# Sleep and Dreams > General Dream Discussion > Nightmares and Recurring Dreams >  >  Recurring person dream

## LAscandals

I have been having dreams of a recurring nature for several years now, more frequently in recent months. My dream is of a man who I had a crush on when we were kids from many years ago. The setting of the dreams is not always the same but the relationship of this dream is of me trying to express my affection to this person. I was wondering what type of dream this might be, symbolic, psychological or premonition. I am a 43 year old divorced woman in a 3 year relationship with another man. Thank you.

----------


## Luminous

My experience tells me that most dreams have some sort of psychological meaning, at least recurring dreams. This seems like no exception.

----------


## Burned up

> I have been having dreams of a recurring nature for several years now, more frequently in recent months. My dream is of a man who I had a crush on when we were kids from many years ago. The setting of the dreams is not always the same but the relationship of this dream is of me trying to express my affection to this person. I was wondering what type of dream this might be, symbolic, psychological or premonition. I am a 43 year old divorced woman in a 3 year relationship with another man. Thank you.

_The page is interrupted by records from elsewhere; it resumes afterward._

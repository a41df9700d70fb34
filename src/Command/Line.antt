-- ===== src/Command/Line.antt =====
-- companion/internal/cmdrule/cmdrule.go: a parsed argv and the questions that the rules ask of it.
use Prim.Native.String.{String}
use fylane.Common.{
  ℕ, zero, suc, Bool, true, false, ◌&&◌, ◌||◌, not, List, [], ◌∷◌, ◌++◌, Option, none, some,
  if◌then◌else◌, any, ◌==◌,
}
use fylane.Common.Text.{
  Text, codes, text_eq, replace_byte, to_lower, trim_space, trim_suffix, has_prefix, has_byte,
  contains, after_byte,
}
use fylane.Common.Paths.{base, slash, is_abs, join, clean}
use fylane.Command.Shells.{in_set, backslash}

pub record Request : Type 0 where
  pub argv : List Text
  pub root : Text
  pub dir : Text

pub record Cmdline : Type 0 where
  pub req : Request
  pub argv : List Text
  pub prog : Text
  pub args : List Text

unfoldable pub slashed : Text → Text
unfolding replace_byte
slashed s = replace_byte backslash slash s

unfoldable pub normalize_prog : Text → Text
unfolding slashed trim_space base to_lower trim_suffix
normalize_prog name = trim_suffix (to_lower (base (slashed (trim_space name)))) (codes ".exe")

unfoldable pub parse_argv : Request → List Text → Cmdline
parse_argv req [] = record { req = req; argv = req.argv; prog = []; args = [] }
parse_argv req (name ∷ args) = record {
  req = req;
  argv = req.argv;
  prog = normalize_prog name;
  args = args;
}

unfoldable pub parse : Request → Cmdline
unfolding parse_argv normalize_prog
parse req = parse_argv req req.argv

abbrev pub dash : Text
dash = b'-' ∷ []

abbrev pub is_flag : Text → Bool
is_flag a = has_prefix a dash

-- The loop of subArg, `n` words before the one that is wanted.
unfoldable pub nth_word : ℕ → List Text → Text
unfolding to_lower has_prefix
nth_word n [] = []
nth_word zero (a ∷ args) = if is_flag a then nth_word zero args else to_lower a
nth_word (suc n) (a ∷ args) = nth_word (if is_flag a then suc n else n) args

unfoldable pub sub_arg : ℕ → Cmdline → Text
unfolding nth_word
sub_arg n c = nth_word n c.args

unfoldable pub sub : Cmdline → Text
unfolding sub_arg
sub c = sub_arg 0 c

abbrev pub names_a_program : Text → Bool
names_a_program a = not (is_flag a) && not (has_byte b'=' a)

unfoldable pub execs_a_program : Cmdline → Bool
unfolding has_prefix has_byte
execs_a_program c = any names_a_program c.args

abbrev pub tail_of : Text → Text
tail_of [] = []
tail_of (c ∷ s) = s

abbrev pub has_letter : ℕ → Text → Bool
has_letter letter a =
    if not (is_flag a) || has_prefix a (b'-' ∷ dash) || a == dash
    then false
    else has_byte letter (tail_of a)

unfoldable pub has_short_opt : ℕ → Cmdline → Bool
unfolding has_prefix has_byte
has_short_opt letter c = any (has_letter letter) c.args

abbrev pub is_long_opt : Text → Text → Bool
is_long_opt name a = a == codes "--" ++ name || has_prefix a (codes "--" ++ name ++ codes "=")

unfoldable pub has_long_opt : String → Cmdline → Bool
unfolding has_prefix
has_long_opt name c = any (is_long_opt (codes name)) c.args

unfoldable pub windows_switch : Cmdline → Text → Bool
unfolding in_set has_prefix
windows_switch c arg =
    if not (has_prefix arg (slash ∷ []))
    then false
    else in_set c.prog (
        "icacls" ∷ "cacls" ∷ "takeown" ∷ "attrib" ∷ "schtasks" ∷ "sc" ∷ "reg" ∷ "net" ∷ "robocopy"
        ∷ "xcopy" ∷ [])

-- What one argument adds to the paths.
abbrev pub after_equals : Option Text → List Text
after_equals none = []
after_equals (some p) = p ∷ []

unfoldable pub path_arg : Cmdline → Text → List Text
unfolding windows_switch has_prefix after_byte has_byte in_set
path_arg c a =
    if windows_switch c a
    then []
    else if is_flag a && not (a == dash)
    then after_equals (after_byte b'=' a)
    else if has_byte b'=' a && in_set c.prog ("dd" ∷ "rsync" ∷ [])
    then after_equals (after_byte b'=' a)
    else a ∷ []

unfoldable pub collect_paths : Cmdline → List Text → List Text
unfolding path_arg
collect_paths c [] = []
collect_paths c (a ∷ args) = path_arg c a ++ collect_paths c args

abbrev pub without_first : List Text → List Text
without_first [] = []
without_first (p ∷ ps) = ps

-- For these the first such argument is a mode or an owner.
abbrev pub takes_mode : List String
takes_mode = "chmod" ∷ "chown" ∷ "chgrp" ∷ []

unfoldable pub path_args : Cmdline → List Text
unfolding collect_paths in_set
path_args c =
    let out = collect_paths c c.args in if in_set c.prog takes_mode then without_first out else out

unfoldable pub abs : Cmdline → Text → Option Text
abs c arg =
    if arg == [] || c.req.root == []
    then none
    else if is_abs arg
    then some (clean arg)
    else some (clean (join (c.req.root ∷ c.req.dir ∷ arg ∷ [])))

abbrev pub is_outside : Text → Option Text → Bool
is_outside root none = false
is_outside root (some a) = not (a == root) && not (has_prefix a (root ++ slash ∷ []))

unfoldable pub outside_workspace : Cmdline → Text → Bool
unfolding abs has_prefix
outside_workspace c arg = is_outside c.req.root (abs c arg)

abbrev pub is_root : Text → Option Text → Bool
is_root root none = false
is_root root (some a) = a == root

unfoldable pub is_workspace_root : Cmdline → Text → Bool
unfolding abs
is_workspace_root c arg = is_root c.req.root (abs c arg)

unfoldable pub contains_arg : List Text → List String → Bool
unfolding in_set
contains_arg args want = any (λ a. in_set a want) args

abbrev pub carries_file : Text → Bool
carries_file a = has_prefix a (codes "@") || contains a (codes "=@")

unfoldable pub uploads_a_file : Cmdline → Bool
unfolding has_short_opt has_long_opt has_prefix contains
uploads_a_file c =
    if c.prog == codes "curl" && (has_short_opt b'T' c || has_long_opt "upload-file" c)
    then true
    else if c.prog == codes "wget" && (has_long_opt "post-file" c || has_long_opt "body-file" c)
    then true
    else any carries_file c.args
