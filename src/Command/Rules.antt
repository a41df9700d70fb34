-- ===== src/Command/Rules.antt =====
-- companion/internal/cmdrule/cmdrule.go: the rule table, tier by tier. Each rule is its test; the
-- tables pair it with its identifier and its sentence.
use Prim.Native.String.{String}
use fylane.Common.{Bool, true, false, ◌&&◌, ◌||◌, not, List, [], ◌∷◌, if◌then◌else◌, any, ◌==◌}
use fylane.Common.Text.{Text, codes, text_eq, has_prefix, split_on, equal_fold}
use fylane.Common.Paths.{slash}
use fylane.Command.Shells.{in_set, spells_a_shell}
use fylane.Command.Line.{
  Cmdline, slashed, sub, sub_arg, execs_a_program, has_short_opt, has_long_opt, path_args,
  outside_workspace, is_workspace_root, uploads_a_file, contains_arg,
}

pub record Rule : Type 0 where
  pub id : String
  pub reason : String
  pub match : Cmdline → Bool

unfoldable pub escalates : Cmdline → Bool
unfolding in_set
escalates c = in_set c.prog ("sudo" ∷ "doas" ∷ "su" ∷ "runas" ∷ "pkexec" ∷ "gsudo" ∷ [])

unfoldable pub names_a_shell : Cmdline → Bool
unfolding spells_a_shell
names_a_shell c = spells_a_shell c.argv

unfoldable pub builds_command_lines : Cmdline → Bool
unfolding in_set
builds_command_lines c = in_set c.prog ("xargs" ∷ "parallel" ∷ [])

unfoldable pub writes_devices : Cmdline → Bool
unfolding in_set has_prefix
writes_devices c =
    in_set c.prog
      ("fdisk" ∷ "sfdisk" ∷ "parted" ∷ "diskutil" ∷ "mkswap" ∷ "wipefs" ∷ "badblocks" ∷ [])
    || has_prefix c.prog (codes "mkfs")
    || (c.prog == codes "dd" && any (λ a. has_prefix a (codes "of=")) c.args)

abbrev pub mutators : List String
mutators =
    "rm" ∷ "rmdir" ∷ "unlink" ∷ "mv" ∷ "cp" ∷ "chmod" ∷ "chown" ∷ "chgrp" ∷ "ln" ∷ "tee" ∷ "install"
    ∷ "truncate" ∷ "touch" ∷ "mkdir" ∷ "dd" ∷ "rsync" ∷ []

abbrev pub enters_git : Text → Bool
enters_git p = any (λ word. equal_fold word (codes ".git")) (split_on slash (slashed p))

unfoldable pub git_internals : Cmdline → Bool
unfolding in_set path_args equal_fold split_on slashed
git_internals c = in_set c.prog mutators && any enters_git (path_args c)

abbrev pub deleters : List String
deleters = "rm" ∷ "rmdir" ∷ "unlink" ∷ "shred" ∷ []

unfoldable pub deletes_root : Cmdline → Bool
unfolding in_set path_args is_workspace_root
deletes_root c = in_set c.prog deleters && any (is_workspace_root c) (path_args c)

unfoldable pub deletes_outside : Cmdline → Bool
unfolding in_set path_args outside_workspace
deletes_outside c = in_set c.prog deleters && any (outside_workspace c) (path_args c)

unfoldable pub reads_credentials : Cmdline → Bool
unfolding in_set execs_a_program
reads_credentials c =
    if in_set c.prog ("printenv" ∷ "security" ∷ "dscl" ∷ "defaults" ∷ [])
    then true
    else if c.prog == codes "env"
    then not (execs_a_program c)
    else false

unfoldable pub touches_outside : Cmdline → Bool
unfolding path_args outside_workspace
touches_outside c = any (outside_workspace c) (path_args c)

unfoldable pub reads_machine_state : Cmdline → Bool
unfolding in_set sub
reads_machine_state c =
    if in_set c.prog (
      "ps" ∷ "top" ∷ "htop" ∷ "pgrep" ∷ "pidof" ∷ "lsof" ∷ "netstat" ∷ "ss" ∷ "ioreg" ∷ "dmesg"
      ∷ "journalctl" ∷ "last" ∷ [])
    then true
    else if in_set c.prog ("launchctl" ∷ "systemctl" ∷ "service" ∷ "sc" ∷ [])
    then in_set (sub c) (
        "list" ∷ "list-units" ∷ "list-unit-files" ∷ "status" ∷ "show" ∷ "print" ∷ "dumpstate"
        ∷ "query" ∷ [])
    else false

unfoldable pub recursive_delete : Cmdline → Bool
unfolding in_set has_short_opt has_long_opt
recursive_delete c =
    in_set c.prog ("rm" ∷ "rmdir" ∷ [])
    && (has_short_opt b'r' c || has_short_opt b'R' c || has_long_opt "recursive" c)

unfoldable pub is_forced : Cmdline → Bool
unfolding has_short_opt has_long_opt
is_forced c = has_short_opt b'f' c || has_long_opt "force" c

unfoldable pub discards_work : Cmdline → Bool
unfolding in_set sub sub_arg has_long_opt is_forced
discards_work c =
    if not (c.prog == codes "git")
    then false
    else if sub c == codes "reset"
    then has_long_opt "hard" c
    else if sub c == codes "clean"
    then is_forced c
    else if in_set (sub c) ("checkout" ∷ "switch" ∷ "restore" ∷ [])
    then is_forced c
    else if sub c == codes "stash"
    then in_set (sub_arg 1 c) ("drop" ∷ "clear" ∷ [])
    else false

unfoldable pub rewrites_history : Cmdline → Bool
unfolding sub is_forced has_long_opt
rewrites_history c =
    c.prog == codes "git"
    && sub c == codes "push"
    && (is_forced c || has_long_opt "force-with-lease" c)

unfoldable pub leaves_machine : Cmdline → Bool
unfolding in_set sub sub_arg uploads_a_file contains_arg
leaves_machine c =
    if in_set c.prog ("curl" ∷ "wget" ∷ "http" ∷ "https" ∷ "xh" ∷ [])
    then uploads_a_file c
    else if in_set c.prog ("nc" ∷ "ncat" ∷ "netcat" ∷ "socat" ∷ "telnet" ∷ [])
    then true
    else if c.prog == codes "git"
    then sub c == codes "push"
    else if in_set c.prog ("npm" ∷ "pnpm" ∷ "yarn" ∷ "bun" ∷ [])
    then sub c == codes "publish"
    else if in_set c.prog ("cargo" ∷ "poetry" ∷ "gem" ∷ [])
    then in_set (sub c) ("publish" ∷ "push" ∷ [])
    else if c.prog == codes "twine"
    then sub c == codes "upload"
    else if in_set c.prog ("docker" ∷ "podman" ∷ [])
    then sub c == codes "push"
    else if in_set c.prog ("gh" ∷ "glab" ∷ [])
    then sub c == codes "release" && in_set (sub_arg 1 c) ("create" ∷ "upload" ∷ "delete" ∷ [])
    else if in_set c.prog ("ssh" ∷ "scp" ∷ "sftp" ∷ "rsync" ∷ [])
    then true
    else if c.prog == codes "mvn"
    then contains_arg c.args ("deploy" ∷ [])
    else if c.prog == codes "dotnet"
    then sub c == codes "nuget" && sub_arg 1 c == codes "push"
    else in_set c.prog (
        "aws" ∷ "gcloud" ∷ "az" ∷ "kubectl" ∷ "terraform" ∷ "flyctl" ∷ "vercel" ∷ "netlify"
        ∷ "wrangler" ∷ [])

unfoldable pub widens_permissions : Cmdline → Bool
unfolding in_set
widens_permissions c =
    in_set c.prog ("chmod" ∷ "chown" ∷ "chgrp" ∷ "setfacl" ∷ "icacls" ∷ "takeown" ∷ [])

unfoldable pub changes_machine : Cmdline → Bool
unfolding in_set sub has_short_opt has_long_opt
changes_machine c =
    if in_set c.prog ("crontab" ∷ "at" ∷ "batch" ∷ [])
    then not (has_short_opt b'l' c)
    else if c.prog == codes "schtasks"
    then true
    else if in_set c.prog ("npm" ∷ "pnpm" ∷ "yarn" ∷ "bun" ∷ [])
    then in_set (sub c) ("install" ∷ "add" ∷ "i" ∷ "uninstall" ∷ "remove" ∷ [])
      && (has_short_opt b'g' c || has_long_opt "global" c || has_long_opt "location=global" c)
    else if in_set c.prog (
        "brew" ∷ "apt" ∷ "apt-get" ∷ "yum" ∷ "dnf" ∷ "pacman" ∷ "apk" ∷ "choco" ∷ "winget" ∷ "scoop"
        ∷ "port" ∷ [])
    then true
    else if in_set c.prog ("pipx" ∷ "gem" ∷ [])
    then in_set (sub c) ("install" ∷ "uninstall" ∷ [])
    else if c.prog == codes "cargo"
    then in_set (sub c) ("install" ∷ "uninstall" ∷ [])
    else if c.prog == codes "go"
    then sub c == codes "install"
    else in_set c.prog ("rustup" ∷ "nvm" ∷ "asdf" ∷ "systemctl" ∷ "launchctl" ∷ "sc" ∷ [])

unfoldable pub runs_nested : Cmdline → Bool
unfolding contains_arg
runs_nested c =
    if not (c.prog == codes "find")
    then false
    else contains_arg c.args ("-exec" ∷ "-execdir" ∷ "-ok" ∷ "-okdir" ∷ [])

Whatever feelings which were evoked all those years ago in relation to this man are still very real for you.  Not so much in waking life, but in your dreams.

I don't believe in premonition and I don't think that these dreams mean he's your ideal partner and/or the two of you will get together.  But you have the capacity to feel that same affection in real life, if only you knew how to access it.  Basically it's all in your unconscious.

----------


## LAscandals

Thank you Line and Burned Up for responding. When I was that little girl a long time ago, whenever I saw this boy I would get all nervous and I was too shy and self conscience of myself. I don't even think about this person during my waking life, except for when I have the dreams with him in them. He's often alloof in regards to my presence in these dreams except for last night when he was actually smiling and talking with me, after I had approached him. What I felt from him was that he was self conscience of talking to me. Just the recurring nature of this person showing up in my dreams sorta weirds me out. I wouldn't even know where to start to figure out the psychology behind these dreams. But I thank you again for your input.  :smiley:

----------


## Burned up

> Thank you Line and Burned Up for responding. When I was that little girl a long time ago, whenever I saw this boy I would get all nervous and I was too shy and self conscience of myself. I don't even think about this person during my waking life, except for when I have the dreams with him in them. He's often alloof in regards to my presence in these dreams except for last night when he was actually smiling and talking with me, after I had approached him. What I felt from him was that he was self conscience of talking to me. Just the recurring nature of this person showing up in my dreams sorta weirds me out. I wouldn't even know where to start to figure out the psychology behind these dreams. But I thank you again for your input.



Interesting.  It sounds like you find it hard to loosen up and be less self-conscious IRL, in the way he did in the dream.  But if you could break that barrier you would be smiling and talking and generally having a nice time.

----------


## RCLefty

Well, if you are serious about the three year relationship with this other man, "loosening up" with this other guy, even in your dreams should NOT be a goal.

Besides, you don't even know how accurate your brain's rendering is of his appearance, much less his personality.  I feel confident saying that this dream has really nothing to do with the guy you are having it about, but rather about yourself.  Examine your own self-assuredness, your attitudes about your life as you see it now, and try to think, not so much about this guy your dreaming of, but of the mental sensations you associate him with, and with that time in your life. (When you were a little girl.)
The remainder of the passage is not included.